The class of quantities which are n-dimensional vectors (first order tensor-quantities). Each vector has an associated spatial dimension and an associated physical dimension. Each vector-quantity can be decomposed into scalar components for a given orthonormal basis of the proper dimension.
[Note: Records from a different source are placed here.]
-- ===== src/Sync/Todo/Keeps.antt =====
-- An invariant of the table through the loop of src/routes/sync/todo: what each write that the changes
-- ask for keeps, the batch keeps.
use teddy_fyi_api_rust.Prelude.{
  ◌≡◌, refl, ap, ◌∙◌, subst, String, Option, List, [], ◌∷◌, inl, inr, arith,
}
use teddy_fyi_api_rust.Prelude.Int.{ℤ}
use teddy_fyi_api_rust.Json.{Value}
use teddy_fyi_api_rust.Errors.{ok}
use teddy_fyi_api_rust.Sync.Types.{ChangeDelta}
use teddy_fyi_api_rust.Sync.Todo.Table.{Table, Request}
use teddy_fyi_api_rust.Sync.Todo.Decide.{
  Item, Write, Action, nothing, echo, acknowledge, write, existing_map, decide,
}
use teddy_fyi_api_rust.Sync.Todo.Process.{Outcome, process_changes}
use teddy_fyi_api_rust.Sync.Todo.OneByOne.{
  write_now, perform_now, begin, one_by_one, process_one_by_one,
}
use teddy_fyi_api_rust.Sync.Todo.Batched.{Result-cases}
use teddy_fyi_api_rust.Sync.Todo.Equivalence.{process_changes_one_by_one}
use teddy_fyi_api_rust.Sync.Todo.Rows.{AllChanges}

module _ {C : Type 0} (from_value : Value → Option (Item C))
    (prepare : ChangeDelta → Item C → Item C × String) (req : Request C)
    (P : Table C → Type 0) where
  -- Each write that this change can ask for keeps `P`.
  abbrev pub WriteKeeps : Table C → ChangeDelta → Type 0
  WriteKeeps existing change =
      (w : Write C) (t t' : Table C) (v : ℤ)
      → decide from_value prepare req.user_id existing change ≡ ok (write w)
      → write_now req w t ≡ ok (t', v)
      → P t
      → P t'

  perform_now_keeps :
      (o o' : Outcome C) (id : String) (a : Action C)
      → ((w : Write C) (t' : Table C) (v : ℤ)
          → a ≡ write w
          → write_now req w o.table ≡ ok (t', v)
          → P t')
      → perform_now req o id a ≡ ok o'
      → P o.table
      → P o'.table
  unfolding perform_now
  perform_now_keeps o o' id nothing k e p = subst P (ground arith) p
  perform_now_keeps o o' id (echo row) k e p = subst P (ground arith) p
  perform_now_keeps o o' id (acknowledge v) k e p = subst P (ground arith) p
  perform_now_keeps o o' id (write w) k e p = elim (Result-cases (write_now req w o.table)) [
    | inl ((t', v), q) ↦ subst P (ground arith) (k w t' v refl q)
    | inr (x, q) ↦ absurd (ground arith)
  ]

  one_by_one_keeps :
      (existing : Table C) (changes : List ChangeDelta) (o o' : Outcome C)
      → AllChanges (WriteKeeps existing) changes
      → one_by_one from_value prepare req existing changes o ≡ ok o'
      → P o.table
      → P o'.table
  unfolding one_by_one
  one_by_one_keeps existing [] o o' k e p = subst P (ground arith) p
  one_by_one_keeps existing (change ∷ changes) o o' k e p =
      elim (Result-cases (decide from_value prepare req.user_id existing change)) [
        | inr (x, q) ↦ absurd (ground arith)
        | inl (a, q) ↦ elim (Result-cases (perform_now req o change.id a)) [
          | inr (x, r) ↦ absurd (ground arith)
          | inl (o1, r) ↦ one_by_one_keeps existing changes o1 o' k.1 (ground arith) (
              perform_now_keeps o o1 change.id a
                (λ w t' v s m. k.0 w o.table t' v (q ∙ ap ok s) m p) r p)
        ]
      ]

  -- So does the batched loop.
  pub process_changes_keeps :
      (changes : List ChangeDelta) (t : Table C) (o : Outcome C)
      → AllChanges (WriteKeeps (existing_map changes t)) changes
      → process_changes from_value prepare req changes t ≡ ok o
      → P t
      → P o.table
  process_changes_keeps changes t o k e p =
      let same = process_changes_one_by_one from_value prepare req changes t in
      elim (Result-cases (process_one_by_one from_value prepare req changes t)) [
        | inl (o', q) ↦
            let tables : o'.table ≡ o.table = ground (arith, same) in
            subst P tables (
              one_by_one_keeps (existing_map changes t) changes (begin req t) o' k
                (unfold process_one_by_one in q) (unfold begin in p))
        | inr (x, q) ↦ absurd (ground (arith, same))
      ]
The physical-dimension of a scalar component of the vector-quantity is equivalent to the physical-dimension of the vector-quantity.
(<=> (Vector-Quantity ?V)
(And (Constant-Quantity ?V)
(Tensor-Quantity ?V)
(= (Tensor-Order ?V) 1)
(Forall (?B ?I)
(=> (And (Orthonormal-Basis ?B)
(= (Basis.Dimension ?B)
(Spatial.Dimension ?V))
(Positive-Integer ?I)
(=< ?I (Spatial.Dimension ?V)))
(And (Defined (Vector-Component ?V ?I ?B))
(= (Quantity.Dimension (Vector-Component ?V
?I
?B))
(Quantity.Dimension ?V)))))
(Forall (?U)
(=> (And (Unit-Of-Measure ?U)
(= (Quantity.Dimension ?U)
(Quantity.Dimension ?V)))
(Numeric-Tensor (Magnitude ?V ?U))))))